Three-dimensional structure of the human copper transporter hCTR1.

作者信息

De Feo Christopher J, Aller Stephen G, Siluvai Gnana S, Blackburn Ninian J, Unger Vinzenz M

机构信息

Department of Molecular Biophysics and Biochemistry, Yale University School of Medicine, 333 Cedar Street New Haven, CT 06510, USA.

出版信息

Proc Natl Acad Sci U S A. 2009 Mar 17;106(11):4237-42. doi: 10.1073/pnas.0810286106. Epub 2009 Feb 24.
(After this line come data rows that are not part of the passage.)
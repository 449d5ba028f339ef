-- ===== src/Main/Configured.antt =====
-- What holds of the options and the addresses when `main` of aping.c starts its threads.
use aping.Base.{List, true, false, not, ◌&&◌, ◌==◌, ◌≡◌}
use aping.Base.Text.{Text}
use aping.NsCache.{failed}
use aping.Main.{Setting}
use aping.Main.Consistent.{Consistent}
use aping.Main.Steps.{IsTarget, Chosen}
use aping.Main.Reverse.{Reverse}
use aping.Main.Setup.{World}

-- What holds when the threads start.
pub record Configured (w : World) (argv : List Text) (x : Setting) : Type 0 where
  pub consistent : Consistent x.globals.options
  pub source : x.globals.options.ip_src && (x.globals.ip_src == failed) ≡ false
  pub destination : not x.globals.options.sniff && (x.globals.ip_dst == failed) ≡ false
  pub target : IsTarget w argv x.globals.ip_dst
  pub chosen : Chosen w x
  pub network : w.lookupnet x.ifname ≡ true
  pub reverse : Reverse x
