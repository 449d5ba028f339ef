-- ===== src/Neural.antt =====
-- neuralnetwork.c: the layers, neurons and links of a network, and their allocation. A double is the
-- eight bytes of its representation, and memory from `calloc` is 0. An array of links is the
-- list of its elements: it has as many as the neighbouring layer has neurons. A link names its neuron by
-- the place in the other layer.
pub mod Fire
pub mod Forward
pub mod Outputs
pub mod Fired
pub mod Feed
pub mod File
pub mod Count
pub mod Shape
pub mod Restore
pub mod Saved
use aping.Base.{
  ◌==◌, ℕ, zero, suc, ◌+◌, ◌*◌, ◌%◌, ◌^◌, List, [], ◌∷◌, ◌++◌, map, take, length, replicate, ltb,
  if◌then◌else◌,
}
use aping.Base.Outcome.{Run, ok, fatal, Fault, ◌>>=◌, require}

pub data Double : Type 0 where
  double : ℕ → ℕ → ℕ → ℕ → ℕ → ℕ → ℕ → ℕ → Double

abbrev pub zero_double : Double
zero_double = double 0 0 0 0 0 0 0 0

-- `LINK`.
pub record Link : Type 0 where
  pub linkedneuro : ℕ
  pub weight : Double
  pub weightsave : Double
  pub deltaweight : Double

-- `NEURO`, and `LAYER` with its neurons.
pub record Neuro : Type 0 where
  pub fp_np : List Link
  pub bp_np : List Link
  pub state : Double
  pub output : Double
  pub error : Double

pub record Layer : Type 0 where
  pub size : ℕ
  pub neurons : List Neuro

pub record Nn : Type 0 where
  pub size : ℕ
  pub layers : List Layer
  pub life : ℕ
  pub alpha : Double
  pub eta : Double
  pub gain : Double
  pub error : Double

abbrev zero_link : Link
zero_link = record {
  linkedneuro = 0;
  weight = zero_double;
  weightsave = zero_double;
  deltaweight = zero_double;
}

abbrev pub zero_neuro : ℕ → ℕ → Neuro
zero_neuro psize nsize = record {
  fp_np = replicate nsize zero_link;
  bp_np = replicate psize zero_link;
  state = zero_double;
  output = zero_double;
  error = zero_double;
}

abbrev pub alloc_layer : ℕ → ℕ → ℕ → Layer
alloc_layer size psize nsize = record {
  size = size;
  neurons = replicate size (zero_neuro psize nsize);
}

-- One array of links is set to the neurons of a layer, in order, from the place `i` on.
unfoldable pub link_from : ℕ → List Link → List Link
link_from i [] = []
link_from i (l ∷ ls) = record l { linkedneuro = i } ∷ link_from (i + 1) ls

abbrev pub link_forward : Neuro → Neuro
link_forward n = record n { fp_np = link_from 0 n.fp_np }

abbrev pub link_backward : Neuro → Neuro
link_backward n = record n { bp_np = link_from 0 n.bp_np }

-- The links of layer `a` forward to `b`, and those of `b` back to `a`.
abbrev forward_linked : Layer → Layer
forward_linked a = record a { neurons = map link_forward a.neurons }

abbrev pub backward_linked : Layer → Layer
backward_linked b = record b { neurons = map link_backward b.neurons }

-- The calls of `link_layers` for each layer and the next.
unfoldable pub link_layers : List Layer → List Layer
link_layers [] = []
link_layers (a ∷ []) = a ∷ []
link_layers (a ∷ b ∷ ls) = forward_linked a ∷ link_layers (backward_linked b ∷ ls)

abbrev pub next_size : List ℕ → ℕ
next_size [] = 0
next_size (n ∷ ns) = n

-- The layers of these sizes, after a layer of the size `psize`.
unfoldable pub alloc_layers : ℕ → List ℕ → List Layer
alloc_layers psize [] = []
alloc_layers psize (n ∷ ns) = alloc_layer n psize (next_size ns) ∷ alloc_layers n ns

abbrev pub new_nn : List ℕ → Nn
new_nn pn = record {
  size = length pn;
  layers = link_layers (alloc_layers 0 pn);
  life = 0;
  alpha = zero_double;
  eta = zero_double;
  gain = zero_double;
  error = zero_double;
}

-- `pn` has `size` elements, which `nn->size` holds in 16 bits; where it holds 0, the first layer is NULL and
-- its next one is read.
unfoldable pub create_nn : List ℕ → Run Nn
create_nn pn =
    if ltb (length pn) 2
    then fatal Fault.exited
    else if length pn % 65536 == 0
    then fatal Fault.bad_index
    else ok (new_nn (take (length pn % 65536) pn))
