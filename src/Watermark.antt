-- ===== src/Watermark.antt =====
-- wmdata.c: the ring of messages in the memory that aping shares with its plugins. The shared memory
-- itself comes from the system; a read or a write of a whole bucket is one step.
pub mod Messages
pub mod Poll
pub mod Crc
use aping.Base.{
  ℕ, zero, suc, ◌+◌, ◌-◌, ◌*◌, ◌/◌, ◌%◌, ◌^◌, min, List, [], ◌∷◌, ◌++◌, Bool, true, false, ◌&&◌,
  ◌||◌, not, Option, none, some, take, drop, length, get_elem?, set, replicate, leb, ltb, bit_xor,
  ◌==◌, if◌then◌else◌,
}
use aping.Base.Int.{ℤ, pos, negsuc, ◌+ℤ◌, residue}
use aping.Base.Outcome.{Run, ok, fatal, Fault, ◌>>=◌, ◌>>◌, require}

abbrev pub poly : ℕ
poly = 0x04c11db7

abbrev pub differ : Bool → Bool → Bool
differ true b = not b
differ false b = b

-- `crc < 0` is the highest bit of the word.
abbrev pub crc_bit : ℕ → Bool → ℕ
crc_bit crc bit = bit_xor (crc * 2 % 2 ^ 32) (if differ (leb (2 ^ 31) crc) bit then poly else 0)

-- The lowest `n` bits of an octet, in order.
unfoldable pub crc_octet : ℕ → ℕ → ℕ → ℕ
crc_octet zero crc octet = crc
crc_octet (suc n) crc octet = crc_octet n (crc_bit crc (octet % 2 == 1)) (octet / 2)

unfoldable pub crc_from : ℕ → List ℕ → ℕ
unfolding crc_octet
crc_from crc [] = crc
crc_from crc (c ∷ cs) = crc_from (crc_octet 8 crc c) cs

-- The bytes that are read.
unfoldable pub eth_crc : List ℕ → ℕ
unfolding crc_from
eth_crc message = crc_from (2 ^ 32 - 1) message

-- The words are unsigned, of 32 bits; `buffer` has 1024 bytes.
pub record Bucket : Type 0 where
  pub id : ℕ
  pub wrote : ℕ
  pub crc : ℕ
  pub len : ℕ
  pub buffer : List ℕ

abbrev arena_size : ℕ
arena_size = 12

pub record Arena : Type 0 where
  pub size : ℕ
  pub buckets : List Bucket

abbrev zero_bucket : Bucket
zero_bucket = record { id = 0; wrote = 0; crc = 0; len = 0; buffer = replicate 1024 0 }

-- `watermark_init` of the server, after `memset`; the statements `... .id == 1;` compare, and store
-- nothing.
abbrev pub watermark_init : Arena
watermark_init = record { size = arena_size; buckets = replicate arena_size zero_bucket }

-- The place of a message, `id % ARENA_SIZE`; a negative one is out of bounds.
unfoldable pub slot_of : ℤ → Run ℕ
slot_of (pos n) = ok (n % arena_size)
slot_of (negsuc n) = if suc n % arena_size == 0 then ok 0 else fatal Fault.bad_index

-- The first step of `watermark_push`: the id of the bucket.
abbrev pub set_id : ℕ → Option Bucket → List Bucket → ℕ → List Bucket
set_id i none bs k = bs
set_id i (some b) bs k = set bs k (record b { id = i })

unfoldable pub flag : Arena → ℤ → Run Arena
flag sha id = do
  k ← slot_of id
  ok (record sha { buckets = set_id (residue (2 ^ 32) id) (get_elem? sha.buckets k) sha.buckets k })

-- The bucket that is put together on the stack, whose buffer holds `stack` before.
unfoldable pub new_bucket : List ℕ → List ℕ → ℕ → ℤ → Run Bucket
new_bucket stack message len id = do
  let tlen = if ltb arena_size len then arena_size else len
  require (leb tlen (length message)) Fault.bad_index
  ok record {
    id = residue (2 ^ 32) id;
    wrote = residue (2 ^ 32) id;
    crc = eth_crc (take tlen message);
    len = tlen;
    buffer = take tlen message ++ drop tlen stack;
  }

-- The last step: the bucket is copied over.
unfoldable pub swap : Arena → ℤ → Bucket → Run Arena
swap sha id b = do k ← slot_of id; ok (record sha { buckets = set sha.buckets k b })

unfoldable pub watermark_push : List ℕ → Arena → List ℕ → ℕ → ℤ → Run Arena
watermark_push stack sha message len oldid = do
  let id = oldid +ℤ pos 1
  sha1 ← flag sha id
  b ← new_bucket stack message len id
  swap sha1 id b

-- The tests of `watermark_pop` on what it has read. The message is compared as an unsigned word.
unfoldable pub is_message : Bucket → ℤ → Bool
is_message b msg_id =
    (b.id == b.wrote)
    && leb (residue (2 ^ 32) msg_id) b.id
    && (b.crc == eth_crc (take b.len b.buffer))

-- One turn of the loop on the bucket that was read; `rest` are the turns after the sleep.
abbrev pub poll : Option Bucket → ℤ → Run (Bucket × ℕ) → Run (Bucket × ℕ)
poll none msg_id rest = fatal Fault.bad_index
poll (some b) msg_id rest = if is_message b msg_id then ok (b, (b.id + 1) % 2 ^ 32) else rest

-- `watermark_pop`: the loop with the arenas that its reads meet; it ends only with a message.
unfoldable pub watermark_pop : List Arena → ℤ → Run (Bucket × ℕ)
watermark_pop [] msg_id = fatal Fault.endless_loop
watermark_pop (sha ∷ later) msg_id =
    let rest = watermark_pop later msg_id in
    slot_of msg_id >>= λ k. poll (get_elem? sha.buckets k) msg_id rest
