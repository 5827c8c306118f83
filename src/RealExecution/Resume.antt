-- ===== src/RealExecution/Resume.antt =====
-- What a run over an old journal takes up again.
use protostar.Base.{
  ℕ, ◌≡◌, refl, ap, ◌∙◌, inl, inr, String, Bool, true, false, not, ◌&&◌, ◌++◌, List, [], ◌∷◌,
  Option, none, some, get, has, filter, arith, eq_iff, Bool-cases,
}
use protostar.Execution.Tasks.{
  TaskStatus, pending, running, succeeded, failed, timeout, cancelled, ExecutionTask,
}
use protostar.Execution.Journal.{
  TaskJournalEvent, SnapshotTask, reduce_journal_to_snapshot, replay_orphaned_tasks,
}
use protostar.Execution.Journal.Replay.{map_settled, replay_orphaned_tasks-settled}
use protostar.RealExecution.Run.{is_settled_entry, is_remaining, remaining_tasks}
use protostar.RealExecution.Journals.{ids_of}

-- A task without an event, or with a pending one as its latest.
abbrev is_pending : TaskStatus → Bool
is_pending pending = true
is_pending _ = false

abbrev pub never_started : Option SnapshotTask → Bool
never_started none = true
never_started (some t) = is_pending t.status

has-filter :
    (p : String → Bool) (tasks : List ExecutionTask) (j : String)
    → has (ids_of (filter (λ t. p t.plan_task_id) tasks)) j ≡ has (ids_of tasks) j && p j
has-filter p [] j = refl
has-filter p (t ∷ ts) j = elim (Bool-cases (p t.plan_task_id)) [
  | inl kept ↦ ground (arith, kept, eq_iff t.plan_task_id j, has-filter p ts j)
  | inr dropped ↦ ground (arith, dropped, eq_iff t.plan_task_id j, has-filter p ts j)
]

settled-never_started :
    (now_iso : String) (o : Option SnapshotTask)
    → not (is_settled_entry (map_settled now_iso o)) ≡ never_started o
settled-never_started now_iso none = refl
settled-never_started now_iso (some t) = by_status t.status refl
  where
    by_status :
        (status : TaskStatus)
        → t.status ≡ status
        → not (is_settled_entry (map_settled now_iso (some t))) ≡ is_pending t.status
    by_status pending e = rw e
    by_status running e = rw e
    by_status succeeded e = rw e
    by_status failed e = rw e
    by_status timeout e = rw e
    by_status cancelled e = rw e

-- Without a repair, the tasks that are left behind the replay are, whatever the journal, those of the
-- plan that have no event in the journal or a pending one as their latest. So a task whose latest
-- event is a running one, as of one that a crash cut off, is not taken up again.
pub remaining_tasks-replay_orphaned_tasks :
    (run_id now_iso generated_at : String) (next_seq : ℕ) (events : List TaskJournalEvent)
    (tasks : List ExecutionTask) (j : String)
    → let replayed = replay_orphaned_tasks run_id now_iso next_seq events in
      let before = reduce_journal_to_snapshot run_id generated_at events in
      let after = reduce_journal_to_snapshot run_id generated_at (events ++ replayed) in
      has (ids_of (remaining_tasks none after tasks)) j
      ≡ has (ids_of tasks) j && never_started (get before.tasks j)
unfolding remaining_tasks
remaining_tasks-replay_orphaned_tasks run_id now_iso generated_at next_seq events tasks j =
    let replayed = replay_orphaned_tasks run_id now_iso next_seq events in
    let before = reduce_journal_to_snapshot run_id generated_at events in
    let after = reduce_journal_to_snapshot run_id generated_at (events ++ replayed) in
    has-filter (is_remaining none after) tasks j
    ∙ ap (λ b. has (ids_of tasks) j && b)
        (ap (λ o. not (is_settled_entry o))
            (replay_orphaned_tasks-settled run_id now_iso generated_at next_seq events j)
          ∙ settled-never_started now_iso (get before.tasks j))
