-- ===== src/RealExecution/Examples.antt =====
-- A run of the executor over a journal with one finished and one orphaned task.
use protostar.Base.{
  ℕ, ◌≡◌, refl, String, true, false, List, [], ◌∷◌, Option, none, some, ◌==◌, if◌then◌else◌, map,
  has, get, ◌&&◌, ◌++◌,
}
use protostar.Authority.Envelope.{write, trusted, CapabilityEnvelope, no_budget}
use protostar.Execution.Tasks.{
  StageArtifactRef, pending, task_pending, task_running, task_succeeded, task_failed, ExecutionTask,
}
use protostar.Execution.Journal.{
  EventKind, TaskJournalEvent, reduce_journal_to_snapshot, replay_orphaned_tasks,
}
use protostar.Repo.Host.{Host}
use protostar.Repo.ChangeSet.{applied}
use protostar.Repo.Examples.{host}
use protostar.RealExecution.Types.{token, final, change_set, live, Services, Ended, done}
use protostar.RealExecution.Run.{
  RunRealExecutionInput, RunRealExecutionResult, run_real_execution, remaining_tasks,
}
use protostar.RealExecution.Tasks.{empty_evidence}
use protostar.RealExecution.Logic.{Label, label_of}
use protostar.RealExecution.Journals.{IsTraced, run_real_execution-IsTraced, ids_of}
use protostar.RealExecution.Resume.{never_started, remaining_tasks-replay_orphaned_tasks}

abbrev workspace_host : Host
workspace_host = record host {
  resolve_from = λ root p. if p == "src/a.ts" then "/w/src/a.ts" else p;
  relative = λ root p. if p == "/w/src/a.ts" then "src/a.ts" else "..";
  parse_patch = λ d.
      some (record { old_file_name = none; new_file_name = some "b/src/a.ts"; hunks = [] } ∷ []);
}

abbrev envelope : CapabilityEnvelope
envelope = record {
  repo_scopes = record { workspace = "main"; path = "src"; access = write } ∷ [];
  tool_permissions = [];
  execute_grants = none;
  allow_dirty = none;
  network = none;
  budget = no_budget;
}

abbrev task : String → List String → ExecutionTask
task id targets = record {
  plan_task_id = id;
  title = id;
  status = pending;
  depends_on = [];
  target_files = some targets;
  adapter_ref = none;
}

abbrev ref : StageArtifactRef
ref = record { stage = "execution"; kind = "k"; uri = "u"; sha256 = none; description = none }

abbrev existing : List TaskJournalEvent
existing =
    record {
      run_id = "r";
      plan_task_id = "done";
      at = "0";
      attempt = 1;
      seq = 1;
      kind = EventKind.task_succeeded ref;
    }
    ∷ record {
      run_id = "r";
      plan_task_id = "orphan";
      at = "0";
      attempt = 1;
      seq = 2;
      kind = EventKind.task_running;
    }
    ∷ []

abbrev input : RunRealExecutionInput
input = record {
  run_plan = record {
    run_id = "r";
    plan_id = "p";
    tasks = task "done" [] ∷ task "orphan" [] ∷ task "edit" ("src/a.ts" ∷ []) ∷ [];
  };
  writes = record {
    workspace = record { root = "/w"; default_branch = none; trust = trusted };
    resolved_envelope = envelope;
    workspace_root = "/w";
  };
  snapshot_every_n_events = none;
  has_sentinel = true;
  repair = none;
  existing = some existing;
}

-- Everything is resolved, and the adapter edits one file.
abbrev services : Services
services = record {
  now = λ k. "now";
  persist = λ h e. true;
  target_exists = λ h p. some false;
  root_aborted = λ h. none;
  task_signal = λ h. live;
  adapter_id = "adapter";
  execute = λ h t attempt. some (
      token "t"
      ∷ final (
          change_set (record { path = "src/a.ts"; diff = "new"; pre_image_sha256 = "old" } ∷ [])
            empty_evidence)
      ∷ []);
  apply = λ h ps.
      some
        (record { path = "src/a.ts"; status = applied; error = none; touched_files = none } ∷ []);
  print = λ n. "1";
}

abbrev labels : Option (Ended RunRealExecutionResult) → List (ℕ × Label)
labels (some (done result t)) = map label_of t.journal
labels _ = []

run_real_execution-IsTraced_example :
    (r : Ended RunRealExecutionResult) × (run_real_execution workspace_host services input ≡ some r)
    × IsTraced workspace_host services input existing r
run_real_execution-IsTraced_example =
    run_real_execution-IsTraced workspace_host services input existing refl

-- The orphan is replayed as failed, and only the task that is left runs.
input-labels :
    labels (run_real_execution workspace_host services input)
    ≡ (1, (task_succeeded, "done"))
      ∷ (2, (task_running, "orphan"))
      ∷ (3, (task_failed, "orphan"))
      ∷ (4, (task_pending, "edit"))
      ∷ (5, (task_running, "edit"))
      ∷ (6, (task_succeeded, "edit"))
      ∷ []
unfolding run_real_execution protostar.Execution.Journal.replay_orphaned_tasks
    protostar.RealExecution.Emission.perform protostar.Execution.Journal.reduce_journal_to_snapshot
    protostar.RealExecution.Emission.emit
    protostar.RealExecution.Tasks.is_synthetic_pre_handoff_verification_task
    protostar.RealExecution.Patches.materialize_missing_authorized_write_targets
    protostar.Authority.Operations.authorize_workspace_op
    protostar.RealExecution.Patches.patches_from_change_set
    protostar.Repo.ChangeSet.mint_patch_request protostar.Repo.ChangeSet.canonicalize_relative_path
    protostar.Repo.ChangeSet.strip_diff_prefix protostar.RealExecution.Emission.next_seq
input-labels = refl

-- The orphan is not taken up again.
remaining_tasks-replay_orphaned_tasks_example :
    has
      (ids_of (
        remaining_tasks none
          (reduce_journal_to_snapshot "r" "now"
            (existing ++ replay_orphaned_tasks "r" "now" 3 existing))
          input.run_plan.tasks))
      "orphan"
    ≡ true && never_started (get (reduce_journal_to_snapshot "r" "now" existing).tasks "orphan")
remaining_tasks-replay_orphaned_tasks_example =
    remaining_tasks-replay_orphaned_tasks "r" "now" "now" 3 existing input.run_plan.tasks "orphan"
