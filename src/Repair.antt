-- ===== src/Repair.antt =====
-- packages/repair/src: which tasks a repair touches, what it is told, and which proposals stand.
pub mod Subgraph
pub mod Synthesis
pub mod Proposal
mod Examples
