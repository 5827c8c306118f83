-- ===== src/Repair/Subgraph/Search.antt =====
-- The worklist loop ends within its fuel, and its result is closed under dependents.
use protostar.Base.{
  ℕ, zero, suc, ◌+◌, ◌≤◌, ◌≡◌, refl, ◌⊎◌, inl, inr, String, true, false, ◌||◌, List, [], ◌∷◌, ◌++◌,
  some, arith, ◌==◌, eq_iff, eq_refl, Dict, get, has, has-append, length, length-append, or_else,
  Bool-cases, if◌then◌else◌,
}
use protostar.Repair.Subgraph.{select, edges}

-- The edges that leave the tasks not chosen yet.
unfoldable pub open_edges : List String → Dict (List String) → ℕ
open_edges chosen [] = 0
open_edges chosen ((k, ds) ∷ m) = (if has chosen k then 0 else length ds) + open_edges chosen m

pub open_edges-nil : (m : Dict (List String)) → open_edges [] m ≡ edges m
unfolding open_edges
open_edges-nil [] = refl
open_edges-nil ((k, ds) ∷ m) = omega (arith, open_edges-nil m)

open_edges-cons_le :
    (chosen : List String) (id : String) (m : Dict (List String))
    → open_edges (id ∷ chosen) m ≤ open_edges chosen m
unfolding open_edges
open_edges-cons_le chosen id [] = omega arith
open_edges-cons_le chosen id ((k, ds) ∷ m) = ground (arith, open_edges-cons_le chosen id m)

-- Choosing a task takes its edges off, once for each time its key stands in the map.
open_edges-cons :
    (chosen : List String) (id : String) (m : Dict (List String))
    → has chosen id ≡ false
    → open_edges (id ∷ chosen) m + length (or_else (get m id) []) ≤ open_edges chosen m
unfolding open_edges
open_edges-cons chosen id [] h = omega arith
open_edges-cons chosen id ((k, ds) ∷ m) h =
    ground (
      arith,
      eq_iff k id,
      eq_iff id k,
      open_edges-cons chosen id m h,
      open_edges-cons_le chosen id m,
    )

pub select_total :
    (fuel : ℕ) (m : Dict (List String)) (chosen pending : List String)
    → length pending + open_edges chosen m ≤ fuel
    → (r : List String) × (select fuel m chosen pending ≡ some r)
unfolding select
select_total fuel m chosen [] h = (chosen, refl)
select_total zero m chosen (id ∷ pending) h = absurd (omega arith)
select_total (suc fuel) m chosen (id ∷ pending) h = elim (Bool-cases (has chosen id)) [
  | inl old ↦ let (r, e) = select_total fuel m chosen pending (omega arith) in (r, ground arith)
  | inr new ↦
      let (r, e) = select_total fuel m (id ∷ chosen) (pending ++ or_else (get m id) []) (
        omega (
          arith,
          length-append pending (or_else (get m id) []),
          open_edges-cons chosen id m new,
        )) in
      (r, ground arith)
]

-- What a set of tasks misses: `P` holds of the set if it holds of the start and follows the edges.
module _ (P : String → Type 0) (m : Dict (List String))
    (follows : (x d : String) → P x → has (or_else (get m x) []) d ≡ true → P d) where
  pub select_sound :
      (fuel : ℕ) (chosen pending r : List String)
      → select fuel m chosen pending ≡ some r
      → ((x : String) → has chosen x ≡ true → P x)
      → ((x : String) → has pending x ≡ true → P x)
      → (x : String) → has r x ≡ true
      → P x
  unfolding select
  select_sound fuel chosen [] r e c p x h = c x (ground arith)
  select_sound zero chosen (id ∷ pending) r e c p x h = cc
  select_sound (suc fuel) chosen (id ∷ pending) r e c p x h = elim (Bool-cases (has chosen id)) [
    | inl old ↦ select_sound fuel chosen pending r (ground arith) c (λ y k. p y (ground arith)) x h
    | inr new ↦
        select_sound fuel (id ∷ chosen) (pending ++ or_else (get m id) []) r (ground arith)
          (λ y k. add_chosen y (Bool-cases (id == y)) k)
          (λ y k. add_pending y (Bool-cases (has pending y)) k) x h
  ]
    where
      add_chosen :
          (y : String) → ((id == y) ≡ true) ⊎ ((id == y) ≡ false) → has (id ∷ chosen) y ≡ true → P y
      add_chosen y (inl same) k = p y (ground arith)
      add_chosen y (inr other) k = c y (ground arith)

      add_pending :
          (y : String)
          → (has pending y ≡ true) ⊎ (has pending y ≡ false)
          → has (pending ++ or_else (get m id) []) y ≡ true
          → P y
      add_pending y (inl old) k = p y (ground arith)
      add_pending y (inr other) k =
          follows id y (p id (ground (arith, eq_refl id)))
            (ground (arith, has-append pending (or_else (get m id) []) y))

module _ (m : Dict (List String)) where
  abbrev IsClosed : (chosen pending : List String) → Type 0
  IsClosed chosen pending =
      (x d : String)
      → has chosen x ≡ true
      → has (or_else (get m x) []) d ≡ true
      → (has chosen d || has pending d) ≡ true

  -- The result holds the start, and every dependent of what it holds.
  pub select_complete :
      (fuel : ℕ) (chosen pending r : List String)
      → select fuel m chosen pending ≡ some r
      → IsClosed chosen pending
      → ((x : String) → (has chosen x || has pending x) ≡ true → has r x ≡ true)
        × ((x d : String) → has r x ≡ true → has (or_else (get m x) []) d ≡ true → has r d ≡ true)
  unfolding select
  select_complete fuel chosen [] r e c =
      (λ x h. ground arith, λ x d h k. ground (arith, c x d (ground arith)))
  select_complete zero chosen (id ∷ pending) r e c = cc
  select_complete (suc fuel) chosen (id ∷ pending) r e c = elim (Bool-cases (has chosen id)) [
    | inl old ↦
        let (start, closed) =
          select_complete fuel chosen pending r (ground arith)
            (λ x d h k. ground (arith, c x d h k, eq_iff id d)) in
        (λ x h. start x (ground (arith, eq_iff id x)), closed)
    | inr new ↦
        let (start, closed) =
          select_complete fuel (id ∷ chosen) (pending ++ or_else (get m id) []) r (ground arith)
            (λ x d h k.
              ground (arith, c x d, eq_iff id x, has-append pending (or_else (get m id) []) d)) in
        (λ x h. start x (ground (arith, has-append pending (or_else (get m id) []) x)), closed)
  ]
DOI:10.1073/pnas.0810286106
PMID:19240214
原文链接:https://pmc.ncbi.nlm.nih.gov/articles/PMC2647337/
Abstract

Copper uptake proteins (CTRs), mediate cellular acquisition of the essential metal copper in all eukaryotes. Here, we report the structure of the human CTR1 protein solved by electron crystallography to an in plane resolution of 7 A. Reminiscent of the design of traditional ion channels, trimeric hCTR1 creates a pore that stretches across the membrane bilayer at the interface between the subunits. Assignment of the helices identifies the second transmembrane helix as the key element lining the pore, and reveals how functionally important residues on this helix could participate in Cu(I)-coordination during transport. Aligned with and sealing both ends of the pore, extracellular and intracellular domains of hCTR1 appear to provide additional metal binding sites. Consistent with the existence of distinct metal binding sites, we demonstrate that hCTR1 stably binds 2 Cu(I)-ions through 3-coordinate Cu-S bonds, and that mutations in one of these putative binding sites results in a change of coordination chemistry.

摘要

铜摄取蛋白(CTRs)介导所有真核生物细胞对必需金属铜的摄取。在此,我们报告了通过电子晶体学解析得到的人CTR1蛋白结构,其平面分辨率为7埃。三聚体hCTR1类似于传统离子通道的设计,形成了一个跨膜双层的孔,该孔位于亚基之间的界面处。螺旋的归属确定了第二个跨膜螺旋是孔内衬的关键元件,并揭示了该螺旋上功能重要的残基在运输过程中如何参与Cu(I)配位。hCTR1的细胞外和细胞内结构域与孔的两端对齐并封闭,似乎提供了额外的金属结合位点。与不同金属结合位点的存在一致,我们证明hCTR1通过三配位Cu-S键稳定结合2个Cu(I)离子,并且这些假定结合位点之一的突变导致配位化学的变化。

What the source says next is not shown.